Wimbledon, July 6: After perhaps the greatest match in Wimbledon’s history, Rafael Nadal ended Roger Federer’s incredible era of dominance with a 6-4, 6-4, 6-7, 6-7, 9-7 victory that established the Spaniard as the game’s most dominant player.
The rain-delayed, riveting contest ended in near-darkness after 4 hours, 48 minutes of play — the longest and most dramatic men’s final in Wimbledon history — when Federer slapped a forehand into the net on Nadal’s fourth match point and second of the game.
Nadal, who crushed Federer on the clay of Roland Garros last month, surged into a two-set lead with an astonishing display of power tennis before Federer began his fightback.

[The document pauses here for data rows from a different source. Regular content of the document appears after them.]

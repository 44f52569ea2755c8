-- ===== src/Variable.antt =====
-- `struct efi_variable` of src/lib.h, and its accessors of src/export.c.
pub mod Export
pub mod Import
pub mod Image
pub mod RoundTrip
mod Tests
use efivar.Common.{
  ℕ, ◌==◌, ◌%◌, ◌^◌, Bool, true, false, Option, none, some, List, [], ◌∷◌, if◌then◌else◌, not, ◌||◌,
  ◌&&◌, bit_and,
}
use efivar.Common.Outcome.{Outcome, ok, err, fault, einval, enoent, eperm, unset, ◌>>=◌, read}
use efivar.Guid.{Guid}

-- A pointer that may be NULL is an Option. A name is the bytes of UTF-8 without the NUL.
pub record Variable : Type 0 where
  pub attrs : ℕ
  pub guid : Option Guid
  pub name : Option (List ℕ)
  pub contents : Option (List ℕ)
  pub data_size : ℕ

abbrev pub attrs_unset : ℕ
attrs_unset = 0xa5a5a5a5a5a5a5a5

pub efi_variable_alloc : Variable
efi_variable_alloc = record {
  attrs = attrs_unset;
  guid = none;
  name = none;
  contents = none;
  data_size = 0;
}

pub efi_variable_set_name : Variable → List ℕ → Variable
efi_variable_set_name var name = record {
  attrs = var.attrs;
  guid = var.guid;
  name = some name;
  contents = var.contents;
  data_size = var.data_size;
}

-- The name, or NULL with ENOENT.
pub efi_variable_get_name : Variable → Outcome (List ℕ)
efi_variable_get_name var = elim var.name [ none ↦ err enoent | some name ↦ ok name ]

pub efi_variable_set_guid : Variable → Guid → Variable
efi_variable_set_guid var guid = record {
  attrs = var.attrs;
  guid = some guid;
  name = var.name;
  contents = var.contents;
  data_size = var.data_size;
}

pub efi_variable_get_guid : Variable → Outcome Guid
efi_variable_get_guid var = elim var.guid [ none ↦ err enoent | some guid ↦ ok guid ]

pub efi_variable_set_data : Variable → List ℕ → ℕ → Outcome Variable
efi_variable_set_data var contents size =
    if size == 0
    then err einval
    else ok (record {
      attrs = var.attrs;
      guid = var.guid;
      name = var.name;
      contents = some contents;
      data_size = size;
    })

pub efi_variable_get_data : Variable → Outcome (List ℕ × ℕ)
efi_variable_get_data var = elim var.contents [
  | none ↦ err enoent
  | some contents ↦ (if var.data_size == 0 then err enoent else ok (contents, var.data_size))
]

pub efi_variable_set_attributes : Variable → ℕ → Variable
efi_variable_set_attributes var attrs = record {
  attrs = attrs;
  guid = var.guid;
  name = var.name;
  contents = var.contents;
  data_size = var.data_size;
}

pub efi_variable_get_attributes : Variable → Outcome ℕ
efi_variable_get_attributes var = if var.attrs == attrs_unset then err enoent else ok var.attrs
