-- ===== src/Variable/Export.antt =====
-- src/export.c: `efi_variable_export` and `efi_variable_export_dmpstore`.
use efivar.Common.{
  ℕ, ◌+◌, ◌-◌, ◌*◌, ◌/◌, ◌%◌, ◌^◌, true, Option, none, some, List, [], ◌∷◌, ◌++◌, length, ltb, ◌==◌,
  if◌then◌else◌,
}
use efivar.Common.Words.{u32}
use efivar.Common.Outcome.{Outcome, ok, err, einval, eoverflow, ◌>>=◌, read}
use efivar.Common.Memory.{le_bytes, load, store}
use efivar.Crc32.{efi_crc32}
use efivar.Guid.Layout.{guid_bytes}
use efivar.Ucs2.{utf8size, utf8_to_ucs2}
use efivar.Variable.{Variable}

abbrev pub efivar_magic : ℕ
efivar_magic = 0xf3df1597

-- `if (ADD(a, b, &res)) goto overflow`, and the same of `MUL` and `SUB`, where `res` is a `uint32_t`.
unfoldable pub fit32 : ℕ → Outcome ℕ
fit32 n = if ltb n (2 ^ 32) then ok n else err eoverflow

unfoldable pub sub32 : ℕ → ℕ → Outcome ℕ
sub32 a b = if ltb a b then err eoverflow else ok (a - b)

-- What is returned, and the buffer afterwards. After an error the buffer is not kept.
pub record Exported : Type 0 where
  pub rc : ℕ
  pub buffer : List ℕ

-- The parts of a variable that the code tests for NULL first.
unfoldable pub checked_name : Variable → Outcome (List ℕ)
checked_name var = elim var.name [ none ↦ err einval | some name ↦ ok name ]

unfoldable pub checked_data : Variable → Outcome (List ℕ)
checked_data var = elim var.contents [ none ↦ err einval | some contents ↦ ok contents ]

-- `namesz`, and `needed` with the sizes of name and data added to that of the fixed part.
unfoldable pub sizes : ℕ → List ℕ → ℕ → Outcome (ℕ × ℕ)
unfolding fit32
sizes fixed name data_size = do
  size ← utf8size (name ++ (0 ∷ [])) none
  namesz ← fit32 (2 * u32 size)
  more ← fit32 (fixed + namesz)
  needed ← fit32 (more + data_size)
  ok (namesz, needed)

-- The units as memory holds them.
unfoldable pub unit_bytes : List ℕ → List ℕ
unit_bytes [] = []
unit_bytes (u ∷ us) = u % 256 ∷ u / 256 ∷ unit_bytes us

-- `utf8_to_ucs2(data + at, datasz - 8, true, var->name)`, after which both sizes are put right by what
-- the name did not take: `namesz`, `needed` and the buffer.
unfoldable pub write_name : ℕ → List ℕ → ℕ → ℕ → List ℕ → Outcome (ℕ × ℕ × List ℕ)
unfolding sub32 unit_bytes
write_name at name namesz needed buf = do
  w ← utf8_to_ucs2 (length buf - 8) true (name ++ (0 ∷ []))
  written ← store at (unit_bytes w.units) buf
  spare ← sub32 namesz (u32 (u32 w.rc * 2))
  needed' ← sub32 needed spare
  namesz' ← sub32 namesz spare
  ok (namesz', needed', written)

-- The CRC of all but the last four bytes is written behind them, at `at`.
unfoldable pub write_crc : ℕ → ℕ → List ℕ → Outcome (List ℕ)
write_crc needed at buf = do
  covered ← load 0 (needed - 4) buf
  store at (le_bytes 4 (efi_crc32 covered)) buf

-- The writes of `efi_variable_export`, in their order.
unfoldable pub fill_efivar : Variable → List ℕ → List ℕ → ℕ → ℕ → List ℕ → Outcome Exported
unfolding write_name write_crc
fill_efivar var name contents namesz needed buf0 = do
  buf1 ← store 0 (le_bytes 4 efivar_magic) buf0
  buf2 ← store 4 (le_bytes 4 1) buf1
  buf3 ← store 8 (le_bytes 8 var.attrs) buf2
  guid ← read var.guid
  buf4 ← store 16 (guid_bytes guid) buf3
  sized ← write_name 40 name namesz needed buf4
  let namesz' = sized.0
  let needed' = sized.1
  if ltb (length buf0) needed'
      then ok (record { rc = needed' - length buf0; buffer = sized.2 })
      else (do
        buf5 ← store 32 (le_bytes 4 namesz') sized.2
        buf6 ← store 36 (le_bytes 4 var.data_size) buf5
        bytes ← load 0 var.data_size contents
        buf7 ← store (40 + namesz') bytes buf6
        buf8 ← write_crc needed' (40 + namesz' + var.data_size) buf7
        ok (record { rc = needed'; buffer = buf8 }))

-- `efi_variable_export`. No buffer stands for a NULL one; with none or an empty one the size needed is
-- returned, with one that is too small the number of bytes missing.
unfoldable pub efi_variable_export : Variable → Option (List ℕ) → Outcome Exported
unfolding checked_name checked_data sizes fill_efivar
efi_variable_export var none = do
  name ← checked_name var
  contents ← checked_data var
  total ← sizes 44 name var.data_size
  ok (record { rc = total.1; buffer = [] })
efi_variable_export var (some buf) = do
  name ← checked_name var
  contents ← checked_data var
  total ← sizes 44 name var.data_size
  let needed = total.1
  if length buf == 0
      then ok (record { rc = needed; buffer = buf })
      else if ltb (length buf) needed
      then ok (record { rc = needed - length buf; buffer = buf })
      else fill_efivar var name contents total.0 needed buf

-- The writes of `efi_variable_export_dmpstore`, in their order.
unfoldable pub fill_dmpstore : Variable → List ℕ → List ℕ → ℕ → ℕ → List ℕ → Outcome Exported
unfolding write_name write_crc
fill_dmpstore var name contents namesz needed buf0 = do
  sized ← write_name 8 name namesz needed buf0
  let namesz' = sized.0
  let needed' = sized.1
  if ltb (length buf0) needed' then ok (record { rc = needed'; buffer = sized.2 }) else (do
    buf1 ← store 0 (le_bytes 4 namesz') sized.2
    buf2 ← store 4 (le_bytes 4 var.data_size) buf1
    guid ← read var.guid
    buf3 ← store (8 + namesz') (guid_bytes guid) buf2
    buf4 ← store (24 + namesz') (le_bytes 4 var.attrs) buf3
    bytes ← load 0 var.data_size contents
    buf5 ← store (28 + namesz') bytes buf4
    buf6 ← write_crc needed' (28 + namesz' + var.data_size) buf5
    ok (record { rc = needed'; buffer = buf6 }))

unfoldable pub efi_variable_export_dmpstore : Variable → Option (List ℕ) → Outcome Exported
unfolding checked_name checked_data sizes fill_dmpstore
efi_variable_export_dmpstore var none = do
  name ← checked_name var
  contents ← checked_data var
  total ← sizes 32 name var.data_size
  ok (record { rc = total.1; buffer = [] })
efi_variable_export_dmpstore var (some buf) = do
  name ← checked_name var
  contents ← checked_data var
  total ← sizes 32 name var.data_size
  let needed = total.1
  if length buf == 0
      then ok (record { rc = needed; buffer = buf })
      else if ltb (length buf) needed
      then ok (record { rc = needed - length buf; buffer = buf })
      else fill_dmpstore var name contents total.0 needed buf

The Swiss world No. 1 took the next two sets, both on tie-breaks, both characterised by an astoundingly high level of play. But Nadal was not to be denied.
It was Federer’s first defeat at Wimbledon since 2002, and ended his hopes of surpassing Bjorn Borg’s mark of five successive titles at the All England Club.
Perceived as a typical Spanish baseliner in the early days of his career, Nadal’s triumph on the grass courts of SW19 is a staggering feat. At just 22, Nadal has now won five grand slam titles, and it will be intriguing to see how Federer responds to his remarkable rise.
Right from the start, Nadal produced near-flawless tennis against the defending champion, breaking in the third game of the match when Federer missed two consecutive backhands. With Federer unusually hesitant, Nadal served out to take the first set in 47 minutes.
Starting the second set with renewed aggression, Federer pressured the Nadal serve and broke for a 2-0 lead with a searing forehand cross-court winner.
Despite an unusually high unforced error count, the momentum seemed to have switched back to the champion, who served out his third love service game out of four to sweep into a 4-1 lead.
But Nadal responded by threatening Federer’s next service game, a loose forehand from Federer giving the Spaniard break point, and a ferocious backhand succeeded in suddenly pulling Nadal back into the set.
Inspired, Nadal stepped up his game, ruthlessly dominating from the back of the court to go 0-40 up on the Federer serve, and converting his second of three break-point chances to turn the set on its head and go 5-4 up.
Second time around, Nadal had to work equally hard to serve out, surviving a bizarrely-timed time violation at 30-30 and an epic rally on break point down before holding to take the set 6-4 for a two-set lead.
Nadal sparked an injury concern when he slipped chasing a Federer forehand winner in the third game of the third set, but after receiving the attention of the trainer during the changeover, he showed no obvious ill effects.
The rain drove the players from the court at 2-2 in the fifth, but not one member of the Centre Court crowd contemplated leaving.